TRY IT
From the data below, return the exact lines starting at the line containing "loop-none (suc fuel)" and ending at the line containing "let other = plain", both included, and nothing else.

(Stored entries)
+ + + + +

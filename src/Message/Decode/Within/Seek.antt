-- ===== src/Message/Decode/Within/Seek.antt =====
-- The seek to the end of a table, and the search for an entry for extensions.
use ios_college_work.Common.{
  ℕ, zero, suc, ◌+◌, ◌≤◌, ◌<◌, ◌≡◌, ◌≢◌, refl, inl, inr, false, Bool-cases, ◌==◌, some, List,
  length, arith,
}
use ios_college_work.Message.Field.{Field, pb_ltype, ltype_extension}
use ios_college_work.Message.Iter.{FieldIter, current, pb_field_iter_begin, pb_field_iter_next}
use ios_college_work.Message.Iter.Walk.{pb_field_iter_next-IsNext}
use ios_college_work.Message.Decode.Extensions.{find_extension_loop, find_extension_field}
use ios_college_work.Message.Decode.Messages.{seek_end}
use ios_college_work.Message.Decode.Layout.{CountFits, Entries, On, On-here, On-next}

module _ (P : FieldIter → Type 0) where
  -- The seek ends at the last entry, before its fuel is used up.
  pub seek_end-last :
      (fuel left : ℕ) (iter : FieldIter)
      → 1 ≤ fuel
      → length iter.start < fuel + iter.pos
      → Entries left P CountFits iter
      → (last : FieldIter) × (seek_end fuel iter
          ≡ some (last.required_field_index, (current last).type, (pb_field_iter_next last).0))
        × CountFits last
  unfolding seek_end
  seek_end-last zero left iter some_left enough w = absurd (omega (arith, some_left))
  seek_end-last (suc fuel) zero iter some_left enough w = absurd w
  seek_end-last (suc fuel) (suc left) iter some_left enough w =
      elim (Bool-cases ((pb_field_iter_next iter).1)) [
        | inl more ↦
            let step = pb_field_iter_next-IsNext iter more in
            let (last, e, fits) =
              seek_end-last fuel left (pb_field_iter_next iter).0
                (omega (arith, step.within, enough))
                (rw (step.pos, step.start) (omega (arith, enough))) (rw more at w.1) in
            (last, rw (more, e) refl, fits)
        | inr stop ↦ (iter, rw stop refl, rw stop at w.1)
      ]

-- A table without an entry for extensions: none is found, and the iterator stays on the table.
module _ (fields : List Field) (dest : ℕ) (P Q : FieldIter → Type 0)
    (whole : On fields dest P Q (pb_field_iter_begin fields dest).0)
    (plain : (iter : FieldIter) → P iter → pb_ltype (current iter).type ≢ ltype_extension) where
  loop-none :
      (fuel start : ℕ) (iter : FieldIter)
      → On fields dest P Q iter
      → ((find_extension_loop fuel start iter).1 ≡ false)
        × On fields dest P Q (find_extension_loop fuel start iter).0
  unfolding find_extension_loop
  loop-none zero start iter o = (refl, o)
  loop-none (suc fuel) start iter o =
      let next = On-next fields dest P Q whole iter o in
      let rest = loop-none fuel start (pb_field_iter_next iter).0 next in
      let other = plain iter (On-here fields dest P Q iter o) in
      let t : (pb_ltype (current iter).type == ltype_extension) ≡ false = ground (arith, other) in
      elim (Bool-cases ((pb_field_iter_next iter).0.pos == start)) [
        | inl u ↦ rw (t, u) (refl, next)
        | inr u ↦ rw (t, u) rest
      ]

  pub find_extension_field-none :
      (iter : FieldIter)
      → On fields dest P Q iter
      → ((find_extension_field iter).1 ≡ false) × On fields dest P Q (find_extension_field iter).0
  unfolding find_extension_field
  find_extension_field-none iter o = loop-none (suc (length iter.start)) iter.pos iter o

+ + + + +

SOLVED PROBLEM
  loop-none (suc fuel) start iter o =
      let next = On-next fields dest P Q whole iter o in
      let rest = loop-none fuel start (pb_field_iter_next iter).0 next in
      let other = plain iter (On-here fields dest P Q iter o) in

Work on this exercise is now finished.